(Input records)

-- ===== src/History/Blocks.antt =====
-- `transition` of history.hpp.
use cpp_jam.Common.{ℕ, List, [], ◌∷◌, ◌++◌, Option, leb, if◌then◌else◌, length, drop}
use cpp_jam.History.Mmr.{append}

pub record BlockInfo : Type 0 where
  pub header_hash : ℕ
  pub mmr : List (Option ℕ)
  pub state_root : ℕ
  pub reported : List (ℕ × ℕ)

pub record Input : Type 0 where
  pub header_hash : ℕ
  pub parent_state_root : ℕ
  pub accumulate_root : ℕ
  pub work_packages : List (ℕ × ℕ)

-- H, the size of the recent history in blocks.
abbrev pub history_size : ℕ
history_size = 8

-- `beta_tick.back().state_root = root`, if there is a last block.
unfoldable pub set_last_root : ℕ → List BlockInfo → List BlockInfo
set_last_root root [] = []
set_last_root root (b ∷ []) = record b { state_root = root } ∷ []
set_last_root root (b ∷ c ∷ bs) = b ∷ set_last_root root (c ∷ bs)

-- The range of the last block, or an empty one.
unfoldable pub last_mmr : List BlockInfo → List (Option ℕ)
last_mmr [] = []
last_mmr (b ∷ []) = b.mmr
last_mmr (b ∷ c ∷ bs) = last_mmr (c ∷ bs)

-- A full history loses its first block.
abbrev pub make_room : List BlockInfo → List BlockInfo
make_room beta = if leb history_size (length beta) then drop 1 beta else beta

unfoldable pub transition : (List ℕ → ℕ) → List BlockInfo → Input → List BlockInfo
transition keccak beta input =
    set_last_root input.parent_state_root (make_room beta)
    ++ record {
      header_hash = input.header_hash;
      mmr = append keccak (last_mmr beta) input.accumulate_root;
      state_root = 0;
      reported = input.work_packages;
    }
      ∷ []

(End Input records)

What the task requires
Find "-- A full history loses its first block." in the entries above, then repeat its line and all lines after it exactly, down to the last line.

Output of the task
-- A full history loses its first block.
abbrev pub make_room : List BlockInfo → List BlockInfo
make_room beta = if leb history_size (length beta) then drop 1 beta else beta

unfoldable pub transition : (List ℕ → ℕ) → List BlockInfo → Input → List BlockInfo
transition keccak beta input =
    set_last_root input.parent_state_root (make_room beta)
    ++ record {
      header_hash = input.header_hash;
      mmr = append keccak (last_mmr beta) input.accumulate_root;
      state_root = 0;
      reported = input.work_packages;
    }
      ∷ []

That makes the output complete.